Nehru had presciently warned that majority communalism “can masquerade itself as nationalism, whereas, the minorities’ communalism would always be identified for what it was”. Nehru had to struggle relentlessly within the Congress in the early years after Independence to establish the secular principle in the state and polity. Some of these struggles with the Hindu traditionalists within the Congress came to a head when Purushottam Das Tandon was elected president of the Congress in 1950. No other Congress leader had such clarity of vision and determination to combat communalism and establish a secularist state as Nehru.

B.T. Ranadive, who became the general secretary of the CPI in 1948 and who was an implacable opponent of the Nehru government, made a brilliant appraisal of Nehru on his birth centenary in 1989. He wrote: “If anyone except Nehru with his deep secular outlook and commitment to the modern concept of democracy had been in charge of the government, the independence of the country could have been jeoparadised.” He pointed out that “Nehru’s singular contribution in rejecting the revivalist tradition and appealing to the people on the basis of secular and modern democratic values should not be underestimated.” (B.T. Ranadive; “Jawaharlal Nehru: A Centenary Appraisal”; The Marxist; July-December, 1989)

Nehru was singularly responsible for ensuring that parliamentary democracy, despite all its imperfections, took root in the country. Along with Dr B.R. Ambedkar, he was instrumental in creating the democratic framework of the Indian Constitution. There is, of course, one major blemish in Nehru’s democratic record. Faced with the political threat of an elected communist government in Kerala, he succumbed to the pressure of his party to dismiss the E.M.S. Namboodiripad Ministry in 1959. Here again class interests overruled his sense of democratic proprieties.

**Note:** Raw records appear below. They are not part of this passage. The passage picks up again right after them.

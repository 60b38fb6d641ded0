-- ===== src/Prelude/Lists.antt =====
-- Lists under the library's names: lengths over the native numbers, membership as a test on texts.
use Prim.Native.Nat.{ℕ, suc, ◌+◌}
use Prim.Native.String.{String}
use mathlib.Core.Path.{◌≡◌, refl}
use mathlib.Core.Logic.{◌⊎◌, inl, inr}
use mathlib.Core.Bool.{Bool, true, false, ◌||◌, ◌&&◌}
use mathlib.Core.Option.{Option, none, some}
use mathlib.Core.List.{List, [], ◌∷◌, ◌++◌}
use native.Mathlib.Omega.{arith}
use text.Mathlib.Text.{◌==◌}
use text.Mathlib.TextEquality.{eq_iff}
use text.Mathlib.TextPositions.{eq_refl}
use attow_nexus.Prelude.Tests.{if◌then◌else◌, Bool-cases}

module _ {ℓ} {A : Type ℓ} where
  abbrev pub length : List A → ℕ
  length [] = 0
  length (x ∷ xs) = suc (length xs)

  pub length-append : (xs ys : List A) → length (xs ++ ys) ≡ length xs + length ys
  length-append [] ys = omega arith
  length-append (x ∷ xs) ys = omega (arith, length-append xs ys)

  abbrev pub is_empty : List A → Bool
  is_empty [] = true
  is_empty (x ∷ xs) = false

  -- `iter().any(p)`
  abbrev pub any : (A → Bool) → List A → Bool
  any p [] = false
  any p (x ∷ xs) = p x || any p xs

  -- `iter().filter(p)`
  abbrev pub filter : (A → Bool) → List A → List A
  filter p [] = []
  filter p (x ∷ xs) = if p x then x ∷ filter p xs else filter p xs

  -- `iter().find(p)`
  abbrev pub find : (A → Bool) → List A → Option A
  find p [] = none
  find p (x ∷ xs) = if p x then some x else find p xs

  pub List-cases : (xs : List A) → (xs ≡ []) ⊎ ((x : A) × (rest : List A) × (xs ≡ x ∷ rest))
  List-cases [] = inl refl
  List-cases (x ∷ xs) = inr (x, xs, refl)

-- `contains` of a `Vec<String>` or a `HashSet<String>`
unfoldable pub contains : String → List String → Bool
contains x [] = false
contains x (y ∷ ys) = y == x || contains x ys

pub contains-append :
    (x : String) (ys zs : List String) → contains x (ys ++ zs) ≡ (contains x ys || contains x zs)
unfolding contains
contains-append x [] zs = refl
contains-append x (y ∷ ys) zs = ground (arith, contains-append x ys zs)

pub contains_head : (x : String) (ys : List String) → contains x (x ∷ ys) ≡ true
unfolding contains
contains_head x ys = ground (arith, eq_refl x)

pub contains_tail :
    (x y : String) (ys : List String) → contains x ys ≡ true → contains x (y ∷ ys) ≡ true
unfolding contains
contains_tail x y ys h = ground arith

pub contains-cons_cases :
    (x y : String) (ys : List String)
    → contains x (y ∷ ys) ≡ true
    → (y ≡ x) ⊎ (contains x ys ≡ true)
unfolding contains
contains-cons_cases x y ys h = elim (Bool-cases (y == x)) [
  | inl same ↦ inl ((eq_iff y x).0 same)
  | inr other ↦ inr (ground arith)
]

pub contains_single : (x y : String) → contains x (y ∷ []) ≡ true → y ≡ x
unfolding contains
contains_single x y h = ground (arith, eq_iff y x)

pub contains_last : (x : String) (ys : List String) → contains x (ys ++ x ∷ []) ≡ true
contains_last x ys = ground (arith, contains-append x ys (x ∷ []), contains_head x [])

pub contains-nil {ℓ} : {A : Type ℓ} (x : String) → contains x [] ≡ true → A
unfolding contains
contains-nil x h = cc

pub contains_middle : (x : String) (xs ys : List String) → contains x (xs ++ x ∷ ys) ≡ true
contains_middle x xs ys = ground (arith, contains-append x xs (x ∷ ys), contains_head x ys)

-- `==` of two `Vec<String>`
unfoldable pub texts_eq : List String → List String → Bool
texts_eq [] [] = true
texts_eq (x ∷ xs) (y ∷ ys) = x == y && texts_eq xs ys
texts_eq _ _ = false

The present ruling establishment at the Centre represented by the BJP-Rashtriya Swayamsewak Sangh (RSS) combine represents much that is alien to his legacy. The contrast with Nehru cannot be greater. While the first Prime Minister of India strove to build a nationalism based on secular foundations, the current Prime Minister is proud to call himself a Hindu nationalist. While Nehru worked hard to inculcate the scientific temper among the people, Narendra Modi is purveying the RSS mythology that science was evolved and developed in the Vedic times; that genetic science existed in the time of the Mahabharata; and that Ganesha was a product of plastic surgery. What is happening is a full-scale assault on all secular values and social and cultural ideas that are inimical to the narrow sectarian Hindutva ideology.

Nehru’s vision of a secular state and his endeavours to create one through democratic means will remain an enduring legacy. This is now under serious attack from the old foes of Nehru—the Hindutvavadis. It is this legacy of Nehru that needs to be defended and nurtured.

Prakash Karat is the general secretary of the Communist Party of India (Marxist).